Bientôt, il n'y eut plus ni taureaux ni champs : partout la pierre, cette pierre d'Espagne jaune et rouge au soleil que le ciel blanc rendait blafarde, plombée dans ses grandes ombres verticales : elles descendaient en deux ou trois traits brisés, depuis la neige coupée par le plafond du ciel jusqu'au fond de la vallée. Du chemin à flanc de montagne, roulaient sous les pieds des cailloux qui sonnaient de roche en roche, perdus dans ce silence de gorges où semblait enfoui un bruit de torrent qui s'éloignait peu à peu. Après plus d'une heure finit la vallée au creux de laquelle Linares apparaissait encore. Dès qu'un pan de montagne l'en sépara, Magnin cessa d'entendre le bruit de l'eau. Le sentier passait derrière un roc vertical qui, par instants, le surplombait ; là où il changeait définitivement de direction était un pommier, en silhouette japonaise sur le ciel au milieu d'un champ minuscule. Ses pommes n'avaient pas été cueillies ; tombées, elles formaient autour de lui un anneau épais, qui peu à peu retournait à l'herbe. Ce pommier seul était vivant dans la pierre, vivant de la vie indéfiniment renouvelée des plantes, dans l'indifférence géologique.
Plus Magnin montait, et plus la fatigue lui faisait sentir les muscles de ses épaules et de ses cuisses ; peu à peu, l'effort envahit tout son corps, s'imposa à toute pensée : les brancards étaient en train de descendre ces mêmes sentiers impraticables, avec des bras en charpie et des jambes cassées. Son regard allait de ce qu'il voyait du sentier aux crêtes de neige engagées dans le ciel blanc, et chaque nouvel effort enfonçait jusque dans sa poitrine l'idée fraternelle qu'il se faisait du chef.

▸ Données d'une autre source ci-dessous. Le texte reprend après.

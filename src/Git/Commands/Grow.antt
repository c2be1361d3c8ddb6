-- ===== src/Git/Commands/Grow.antt =====
-- New commits: one of them, and the replay loop of `rebase`.
use dev_box.Prelude.{ℕ, ◌+◌, ◌≡◌, refl, List, [], ◌∷◌, some, All, map}
use mathlib.Core.List.{reverse_aux}
use dev_box.Text.{Text}
use dev_box.Dict.{lookup, insert, lookup-insert_self}
use dev_box.Git.Model.{
  Commit, HeadState, branch, detached, RepositoryState, commit_id, get_head_commit_id,
}
use dev_box.Git.Commands.{add_commit, Replayed, replay}
use dev_box.Git.Valid.{
  Commits, Exists, HeadExists, IsValid, IsGraph, insert-IsGraph, insert_keeps, commit_id-truthy,
}
use dev_box.Git.Commands.Steps.{Keeps, move_head-IsValid, move_head-commits, get_head-move_head}

-- More commits, and a higher next number, under the same branches and HEAD.
HeadExists-grow :
    (s : RepositoryState) (commits : Commits) (n : ℕ)
    → ((id : Text) (c : Commit) → lookup id s.commits ≡ some c → lookup id commits ≡ some c)
    → (h : HeadState) → HeadExists h s
    → HeadExists h (record s { commits = commits; next_commit_num = n })
HeadExists-grow s commits n keeps (branch name) x = x
HeadExists-grow s commits n keeps (detached id) (c, e) = (c, keeps id c e)

pub grow-IsValid :
    (s : RepositoryState)
    → IsValid s
    → (commits : Commits) (n : ℕ) → IsGraph commits n
    → ((id : Text) (c : Commit) → lookup id s.commits ≡ some c → lookup id commits ≡ some c)
    → IsValid (record s { commits = commits; next_commit_num = n })
grow-IsValid s v commits n g keeps = record {
  graph = g;
  tips = λ name id e. let (c, f) = v.tips name id e in (c, keeps id c f);
  head = HeadExists-grow s commits n keeps s.head v.head;
}

-- What `add_commit` does to a valid repository.
pub record Adds (s : RepositoryState) (parents : List Text) (message : Text) (t : RepositoryState)
    : Type 0 where
  pub valid : IsValid t
  pub keeps : Keeps s t
  pub head : get_head_commit_id t ≡ commit_id s.next_commit_num
  pub commit :
      lookup (commit_id s.next_commit_num) t.commits
      ≡ some (record { id = commit_id s.next_commit_num; parents = parents; message = message })

pub add_commit-Adds :
    (s : RepositoryState)
    → IsValid s
    → (parents : List Text) (message : Text) → All (Exists s.commits) parents
    → Adds s parents message (add_commit parents message s)
unfolding add_commit
add_commit-Adds s v parents message known =
    let id = commit_id s.next_commit_num in
    let c : Commit = record { id = id; parents = parents; message = message } in
    let commits = insert id c s.commits in
    let keeps = insert_keeps s.commits s.next_commit_num v.graph c refl known in
    let g = insert-IsGraph s.commits s.next_commit_num v.graph c refl known in
    let grown : RepositoryState = record s {
      commits = commits;
      next_commit_num = s.next_commit_num + 1;
    } in
    let found = lookup-insert_self id c s.commits in
    let same = move_head-commits id grown in
    record {
      valid =
          move_head-IsValid grown (grow-IsValid s v commits (s.next_commit_num + 1) g keeps) id
            (c, found);
      keeps = λ i d e. rw same (keeps i d e);
      head = get_head-move_head grown id (commit_id-truthy s.next_commit_num);
      commit = rw same found;
    }

-- A chain of commits with one parent each, from `tip` down to `base`, with its messages.
pub data Linear (commits : Commits) (base : Text) : Text → List Text → Type 0 where
  stop : Linear commits base base []
  on :
      {p : Text} {messages : List Text} (id : Text) (c : Commit)
      → lookup id commits ≡ some c
      → c.parents ≡ p ∷ []
      → Linear commits base p messages
      → Linear commits base id (c.message ∷ messages)

Linear-grow :
    (small large : Commits) {base tip : Text} {messages : List Text}
    → ((id : Text) (c : Commit) → lookup id small ≡ some c → lookup id large ≡ some c)
    → Linear small base tip messages
    → Linear large base tip messages
Linear-grow small large keeps stop = stop
Linear-grow small large keeps (on id c e ps rest) =
    on id c (keeps id c e) ps (Linear-grow small large keeps rest)

-- The invariant of the replay loop, which starts from the commits `old` on top of `base`.
pub record Replays (old : Commits) (base : Text) (messages : List Text) (r : Replayed)
    : Type 0 where
  pub graph : IsGraph r.commits r.next_num
  pub tip : Exists r.commits r.tip
  pub keeps : (id : Text) (c : Commit) → lookup id old ≡ some c → lookup id r.commits ≡ some c
  pub linear : Linear r.commits base r.tip messages

pub replay-Replays :
    (old : Commits) (base : Text) (cs : List Commit) (messages : List Text) (r : Replayed)
    → Replays old base messages r
    → Replays old base (reverse_aux (map (λ (c : Commit). c.message) cs) messages) (replay cs r)
unfolding replay
replay-Replays old base [] messages r h = h
replay-Replays old base (c ∷ cs) messages r h =
    let id = commit_id r.next_num in
    let new : Commit = record { id = id; parents = r.tip ∷ []; message = c.message } in
    let keeps = insert_keeps r.commits r.next_num h.graph new refl (h.tip, tt) in
    let found = lookup-insert_self id new r.commits in
    replay-Replays old base cs (c.message ∷ messages)
      (record { commits = insert id new r.commits; tip = id; next_num = r.next_num + 1 })
      (record {
        graph = insert-IsGraph r.commits r.next_num h.graph new refl (h.tip, tt);
        tip = (new, found);
        keeps = λ i d e. keeps i d (h.keeps i d e);
        linear =
            on id new found refl (Linear-grow r.commits (insert id new r.commits) keeps h.linear);
      })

Les paysans de Linares, qui n'avaient jamais vu un seul de ces blessés, le suivaient sans parler, dans une sévère et tranquille évidence. Il pensait aux autos des villages.
Il montait depuis deux heures au moins, lorsque finit le chemin accroché au pan de la montagne. Le sentier suivait maintenant à travers la neige une nouvelle gorge, vers la montagne plus haute et beaucoup moins âpre, que les avions voyaient à côté de l'autre quand ils partaient pour Teruel. Désormais, les torrents étaient gelés. A l'angle du chemin comme le pommier tout à l'heure, attendait un petit guerrier sarrasin, noir sur le ciel, avec le raccourci des statues à haut piédestral : le cheval était un mulet, et le Sarrasin était Pujol, en serre-tête. Il se retourna et, de profil comme sur les gravures, cria : « V'là Magnin ! » dans le grand silence.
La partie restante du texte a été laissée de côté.